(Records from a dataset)
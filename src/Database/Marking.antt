-- ===== src/Database/Marking.antt =====
-- The garbage collector never frees or moves what SQLite points to (ext/sqlite3/database.c,
-- aggregator.c, database_mark), after any sequence of registrations.
use sqlite3_ruby.Base.{
  All, ◌≡◌, Bool, inr, List, [], ◌∷◌, ◌++◌, none, some, Option, In, In-append_left, In-append_right,
  In-map, map, arith,
}
use sqlite3_ruby.Values.{Ptr, Bytes, Value}
use sqlite3_ruby.Env.{Sqlite, Ruby, Log}
use sqlite3_ruby.Machine.{World, Database, final}
use sqlite3_ruby.Errors.Classes.{IsResultCode}
use sqlite3_ruby.Database.Conversion.{define_function_with_flags, collation}
use sqlite3_ruby.Aggregator.Define.{rb_sqlite3_define_aggregator2}
use sqlite3_ruby.Database.Held.{functions_held, aggregates_held, collation_held, Pinned}
use sqlite3_ruby.Database.Pinning.{define_function-Pinned, collation-Pinned}
use sqlite3_ruby.Database.AggregatePinning.{define_aggregator2-Pinned}
use sqlite3_ruby.Database.Members.{
  In-pin_array, In-pin_hash, In-pin_each, All-of-In, IsMarked, IsMarked-of,
}
use sqlite3_ruby.Database.Mark.{
  instance_of, Marked, value, wrapper, database_mark, rb_sqlite3_pin_array_and_contents,
  pin_hash_and_contents, pin_aggregators,
}

-- A registration that a program asks for.
pub data Request : Type 0 where
  function_request : Bytes → Value → Value → Request
  collation_request : Bytes → Value → Request
  aggregator_request : Value → Bytes → Request

module _ ⦃lib : Sqlite⦄ ⦃rb : Ruby⦄ (self : Ptr) where
  -- The state after a request, returned or raised.
  unfoldable pub perform : Request → World → World
  perform (function_request name flags block) w =
      final (define_function_with_flags self name flags block w)
  perform (collation_request name comparator) w = final (collation self name comparator w)
  perform (aggregator_request aggregator name) w =
      final (rb_sqlite3_define_aggregator2 self aggregator name w)

  unfoldable pub perform_all : List Request → World → World
  perform_all [] w = w
  perform_all (r ∷ rs) w = perform_all rs (perform r w)

module _ ⦃lib : Sqlite⦄ ⦃rb : Ruby⦄ (same : Bytes → Bytes → Bool)
    (codes : (log : Log) → IsResultCode (lib.status log)) (self db : Ptr) where
  perform-Pinned :
      (r : Request) (w : World)
      → Pinned lib same self db w
      → Pinned lib same self db (perform self r w)
  unfolding perform
  perform-Pinned (function_request name flags block) w p =
      define_function-Pinned same codes self db w p name flags block
  perform-Pinned (collation_request name comparator) w p =
      collation-Pinned same codes self db w p name comparator
  perform-Pinned (aggregator_request aggregator name) w p =
      define_aggregator2-Pinned same codes self db w p aggregator name

  perform_all-Pinned :
      (rs : List Request) (w : World)
      → Pinned lib same self db w
      → Pinned lib same self db (perform_all self rs w)
  unfolding perform_all
  perform_all-Pinned [] w p = p
  perform_all-Pinned (r ∷ rs) w p = perform_all-Pinned rs (perform self r w) (perform-Pinned r w p)

-- What SQLite holds after a log, the instances of its aggregates among it, in the list of what is
-- marked.
pub record AllMarked (lib : Sqlite) (same : Bytes → Bytes → Bool) (instances : Ptr → List Ptr)
    (db : Ptr) (log : Log) (marked : List Marked) : Type 0 where
  pub functions : All (λ v. In (value v) marked) (functions_held lib db log)
  pub aggregators : All (λ aw. In (wrapper aw) marked) (aggregates_held lib db log)
  pub collations : (name : Bytes) → IsMarked marked (collation_held lib same db name log)
  pub live :
      All (λ aw. All (λ i. In (instance_of i) marked) (instances aw)) (aggregates_held lib db log)

no_collation : (o : Option Value) (v : Value) → o ≡ none → o ≡ some v → ⊥
no_collation o v e h = ground arith

module _ ⦃lib : Sqlite⦄ ⦃rb : Ruby⦄ (same : Bytes → Bytes → Bool)
    (codes : (log : Log) → IsResultCode (lib.status log)) (self db : Ptr) where
  -- The part of the mark list from the functions on is reached from the head by three steps.
  pinned_part :
      (d : Database) (instances : Ptr → List Ptr) (x : Marked)
      → In x (
          rb_sqlite3_pin_array_and_contents d.functions
          ++ (pin_hash_and_contents d.collations ++ pin_aggregators instances d.aggregators))
      → In x (database_mark instances d)
  unfolding database_mark
  pinned_part d instances x h = inr (inr (inr h))

  -- A connection for which nothing was registered yet.
  Pinned-start :
      (w : World)
      → (w.databases self).db ≡ some db
      → functions_held lib db w.log ≡ []
      → aggregates_held lib db w.log ≡ []
      → ((name : Bytes) → collation_held lib same db name w.log ≡ none)
      → Pinned lib same self db w
  Pinned-start w connected no_functions no_aggregates no_collations = record {
    connected = connected;
    functions = λ v. rw no_functions (λ h. absurd h);
    aggregators = λ aw. rw no_aggregates (λ h. absurd h);
    collations = λ name v h. absurd (no_collation _ v (no_collations name) h);
  }

  -- Whatever functions, collations and aggregates a program registers on an open connection that has
  -- none yet, in whatever order and with whatever answers of Ruby and result codes of the library,
  -- each object that SQLite then holds a pointer to is marked by database_mark, and so are the live
  -- instances of each aggregate that it holds: the garbage collector neither frees nor moves them.
  pub perform_all-AllMarked :
      (instances : Ptr → List Ptr) (rs : List Request) (w : World)
      → (w.databases self).db ≡ some db
      → functions_held lib db w.log ≡ []
      → aggregates_held lib db w.log ≡ []
      → ((name : Bytes) → collation_held lib same db name w.log ≡ none)
      → let g = perform_all self rs w in
        AllMarked lib same instances db g.log (database_mark instances (g.databases self))
  unfolding pin_aggregators
  perform_all-AllMarked instances rs w connected no_functions no_aggregates no_collations =
      let g = perform_all self rs w in
      let d = g.databases self in
      let q =
        perform_all-Pinned same codes self db rs w
          (Pinned-start w connected no_functions no_aggregates no_collations) in
      let functions = rb_sqlite3_pin_array_and_contents d.functions in
      let collations = pin_hash_and_contents d.collations in
      let marked = database_mark instances d in
      record {
        functions =
            All-of-In (λ v. In (value v) marked) _
              (λ v h.
                pinned_part d instances (value v)
                  (In-append_left _ functions _ (In-pin_array v _ (q.functions v h))));
        aggregators =
            All-of-In (λ aw. In (wrapper aw) marked) _
              (λ aw h. pinned_part d instances (wrapper aw) (
                In-append_right _ functions _ (
                  In-append_right _ collations _ (
                    In-append_left _ (map wrapper d.aggregators) _
                      (In-map wrapper aw d.aggregators (q.aggregators aw h))))));
        collations = λ name. IsMarked-of marked _ (λ v h.
            let (key, found, bound) = q.collations name v h in
            pinned_part d instances (value v) (
              In-append_right _ functions _
                (In-append_left _ collations _ (In-pin_hash key v d.collations bound))));
        live =
            All-of-In (λ aw. All (λ i. In (instance_of i) marked) (instances aw)) _
              (λ aw h.
                All-of-In (λ i. In (instance_of i) marked) _
                  (λ i is_live. pinned_part d instances (instance_of i) (
                    In-append_right _ functions _ (
                      In-append_right _ collations _ (
                        In-append_right _ (map wrapper d.aggregators) _ (
                          In-pin_each instances aw i d.aggregators (q.aggregators aw h)
                            is_live))))));
      }
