-- ===== src/Database/Opening16.antt =====
-- Proofs about rb_sqlite3_open16 (ext/sqlite3/database.c): what happens to the caller's string.
use sqlite3_ruby.Base.{ℕ, ◌≡◌, true, false, none, List, [], ◌∷◌, ◌++◌, ◌==◌, arith, any}
use sqlite3_ruby.Values.{Ptr, Str, Value, returned, arg_error, plain, lit}
use sqlite3_ruby.Env.{Sqlite, Ruby}
use sqlite3_ruby.Machine.{World, ok, raise}
use sqlite3_ruby.Database.Open.{open_failed, is_utf16, utf16_string_value_ptr, rb_sqlite3_open16}

-- The string object after it was given a terminator.
abbrev pub terminated : Str → Str
terminated s = record s { bytes = s.bytes ++ 0 ∷ 0 ∷ [] }

-- A UTF-16 string that ends with two zero bytes has the code point 0.
pub record EndsInNul (rb : Ruby) (s : Str) : Type 0 where
  pub points : List ℕ
  pub read : rb.codepoints (terminated s) ≡ returned points
  pub has_nul : any (λ c. c == 0) points ≡ true

module _ ⦃lib : Sqlite⦄ ⦃rb : Ruby⦄ (file : Str) (tagged : is_utf16 file.encoding ≡ true) where
  taken :
      (self : Ptr) (w v : World) (str : Str) {result : Value}
      → rb_sqlite3_open16 self file w ≡ ok (result, str) v
      → str ≡ terminated file
  unfolding rb_sqlite3_open16 utf16_string_value_ptr open_failed
  taken self w v str e = ground arith

  -- A UTF-16 file name that rb_sqlite3_open16 took was not frozen and has two zero bytes more
  -- afterwards, in the caller's string object; any later rb_sqlite3_open16 of a closed Database with that object raises an
  -- ArgumentError, and makes no call to the library.
  pub open16_again :
      (self other : Ptr) (w v g : World) (str : Str) {result : Value}
      → EndsInNul rb file
      → rb_sqlite3_open16 self file w ≡ ok (result, str) v
      → (g.databases other).db ≡ none
      → (file.frozen ≡ false)
        × (str ≡ terminated file)
        × (rb_sqlite3_open16 other str g
            ≡ raise (plain arg_error (lit "string contains null char")) g)
  unfolding rb_sqlite3_open16 utf16_string_value_ptr
  open16_again self other w v g str nul e shut =
      let same = taken self w v str e in
      (ground arith, same, rw (same, shut, tagged, nul.read, nul.has_nul))
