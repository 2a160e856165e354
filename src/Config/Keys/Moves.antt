-- ===== src/Config/Keys/Moves.antt =====
-- How the operations on the keys of a channel change the active and the historical keys:
-- backend-go/internal/config/config.go and backend-go/internal/config/config_messages.go.
use ccx.Base.{
  ◌≡◌, true, not, Option, none, some, List, [], ◌∷◌, ◌++◌, String, nat_eq, filter, length, ◌+◌,
  Bool-cases, Option-cases, inl, inr,
}
use ccx.Config.Types.{UpstreamConfig, DisabledKeyInfo}
use ccx.Config.Urls.{deduplicate_strings}
use ccx.Config.Keys.{
  index_of, has, without, add_missing, activate_key, activate_keys, blacklist_in, restore_in,
  restore_all_in, restore_some_in, is_restored, add_key_in, remove_key_in, move_to_top_in,
  move_to_bottom_in, replace_keys_in, retire, remove_disabled,
}
use ccx.Config.Keys.Lists.{drop_key, index_of-drop_key}

-- The operations of the configuration manager that change the keys of a channel.
pub data KeyOp : Type 0 where
  blacklist : DisabledKeyInfo → KeyOp
  restore : String → KeyOp
  restore_all : KeyOp
  restore_some : List String → KeyOp
  add_key : String → KeyOp
  remove_key : String → KeyOp
  move_to_top : String → KeyOp
  move_to_bottom : String → KeyOp
  replace_keys : List String → KeyOp

abbrev pub or_same : UpstreamConfig → Option UpstreamConfig → UpstreamConfig
or_same u none = u
or_same u (some changed) = changed

unfoldable pub key_op : KeyOp → UpstreamConfig → UpstreamConfig
key_op (blacklist info) u = or_same u (blacklist_in info u)
key_op (restore key) u = or_same u (restore_in key u)
key_op restore_all u = restore_all_in u
key_op (restore_some keys) u = restore_some_in keys u
key_op (add_key key) u = or_same u (add_key_in key u)
key_op (remove_key key) u = or_same u (remove_key_in key u)
key_op (move_to_top key) u = or_same u (move_to_top_in key u)
key_op (move_to_bottom key) u = or_same u (move_to_bottom_in key u)
key_op (replace_keys keys) u = (replace_keys_in keys u).0

unfoldable pub key_ops : List KeyOp → UpstreamConfig → UpstreamConfig
key_ops [] u = u
key_ops (op ∷ ops) u = key_ops ops (key_op op u)

-- How an operation may change the active and the historical keys.
pub data Moves : List String → List String → List String → List String → Type 0 where
  same : {a h : List String} → Moves a h a h
  retired :
      {a h : List String} (key : String)
      → has a key ≡ true
      → Moves a h (drop_key key a) (add_missing h key)
  activated :
      {a h a' h' : List String} (key : String)
      → Moves a h a' h'
      → Moves a h (add_missing a' key) (without key h')
  to_bottom :
      {a h : List String} (key : String)
      → has a key ≡ true
      → Moves a h (drop_key key a ++ (key ∷ [])) h
  to_top :
      {a h : List String} (key : String) → has a key ≡ true → Moves a h (key ∷ drop_key key a) h
  replaced :
      {a h : List String} (news : List String)
      → Moves a h (deduplicate_strings news) (filter (λ k. not (has news k)) (retire news a h))

abbrev pub MovesFrom : UpstreamConfig → UpstreamConfig → Type 0
MovesFrom u v = Moves u.api_keys u.historical_api_keys v.api_keys v.historical_api_keys

activate_keys-Moves :
    (infos : List DisabledKeyInfo) (u v : UpstreamConfig)
    → MovesFrom u v
    → MovesFrom u (activate_keys infos v)
unfolding activate_keys
activate_keys-Moves [] u v earlier = earlier
activate_keys-Moves (info ∷ infos) u v earlier =
    activate_keys-Moves infos u (activate_key info.key v) (activated info.key earlier)

blacklist_in-Moves :
    (info : DisabledKeyInfo) (u : UpstreamConfig) → MovesFrom u (or_same u (blacklist_in info u))
unfolding blacklist_in
blacklist_in-Moves info u = elim (Option-cases (index_of info.key u.api_keys)) [
  | inl e ↦ rw (or_same, e) same
  | inr (i, e) ↦
      let found = index_of-drop_key info.key u.api_keys i e in
      rw (or_same, e, found.1) (retired info.key found.0)
]

remove_key_in-Moves :
    (key : String) (u : UpstreamConfig) → MovesFrom u (or_same u (remove_key_in key u))
unfolding remove_key_in
remove_key_in-Moves key u = elim (Option-cases (index_of key u.api_keys)) [
  | inl e ↦ rw (or_same, e) same
  | inr (i, e) ↦
      let found = index_of-drop_key key u.api_keys i e in
      rw (or_same, e, found.1) (retired key found.0)
]

restore_in-Moves : (key : String) (u : UpstreamConfig) → MovesFrom u (or_same u (restore_in key u))
unfolding restore_in
restore_in-Moves key u = elim (Option-cases (remove_disabled key u.disabled_api_keys)) [
  | inl e ↦ rw (or_same, e) same
  | inr (infos, e) ↦ rw (or_same, e) (activated key same)
]

add_key_in-Moves : (key : String) (u : UpstreamConfig) → MovesFrom u (or_same u (add_key_in key u))
unfolding add_key_in
add_key_in-Moves key u = elim (Bool-cases (has u.api_keys key)) [
  | inl e ↦ rw (or_same, e) same
  | inr e ↦
      let step : Moves u.api_keys u.historical_api_keys (add_missing u.api_keys key)
          (without key u.historical_api_keys) =
        activated key same in
      rw (or_same, e) (rw e at step)
]

move_to_top_in-Moves :
    (key : String) (u : UpstreamConfig) → MovesFrom u (or_same u (move_to_top_in key u))
unfolding move_to_top_in
move_to_top_in-Moves key u = elim (Option-cases (index_of key u.api_keys)) [
  | inl e ↦ rw (or_same, e) same
  | inr (i, e) ↦ elim (Bool-cases (nat_eq i 0)) [
    | inl first ↦ rw (or_same, e, first) same
    | inr later ↦
        let found = index_of-drop_key key u.api_keys i e in
        rw (or_same, e, later, found.1) (to_top key found.0)
  ]
]

move_to_bottom_in-Moves :
    (key : String) (u : UpstreamConfig) → MovesFrom u (or_same u (move_to_bottom_in key u))
unfolding move_to_bottom_in
move_to_bottom_in-Moves key u = elim (Option-cases (index_of key u.api_keys)) [
  | inl e ↦ rw (or_same, e) same
  | inr (i, e) ↦ elim (Bool-cases (nat_eq (i + 1) (length u.api_keys))) [
    | inl last ↦ rw (or_same, e, last) same
    | inr earlier ↦
        let found = index_of-drop_key key u.api_keys i e in
        rw (or_same, e, earlier, found.1) (to_bottom key found.0)
  ]
]

pub key_op-Moves : (op : KeyOp) (u : UpstreamConfig) → MovesFrom u (key_op op u)
unfolding key_op
key_op-Moves (blacklist info) u = blacklist_in-Moves info u
key_op-Moves (restore key) u = restore_in-Moves key u
key_op-Moves restore_all u =
    unfold restore_all_in in activate_keys-Moves u.disabled_api_keys u u same
key_op-Moves (restore_some keys) u =
    unfold restore_some_in in
    activate_keys-Moves (filter (is_restored keys) u.disabled_api_keys) u u same
key_op-Moves (add_key key) u = add_key_in-Moves key u
key_op-Moves (remove_key key) u = remove_key_in-Moves key u
key_op-Moves (move_to_top key) u = move_to_top_in-Moves key u
key_op-Moves (move_to_bottom key) u = move_to_bottom_in-Moves key u
key_op-Moves (replace_keys keys) u = unfold replace_keys_in in replaced keys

WHAT YOU WILL DO —
Whenever a line above has the word "module" in it, copy that line.

RESPONSE TO THIS TASK —
module _ ⦃lib : Sqlite⦄ ⦃rb : Ruby⦄ (self : Ptr) where
module _ ⦃lib : Sqlite⦄ ⦃rb : Ruby⦄ (same : Bytes → Bytes → Bool)
module _ ⦃lib : Sqlite⦄ ⦃rb : Ruby⦄ (same : Bytes → Bytes → Bool)
module _ ⦃lib : Sqlite⦄ ⦃rb : Ruby⦄ (file : Str) (tagged : is_utf16 file.encoding ≡ true) where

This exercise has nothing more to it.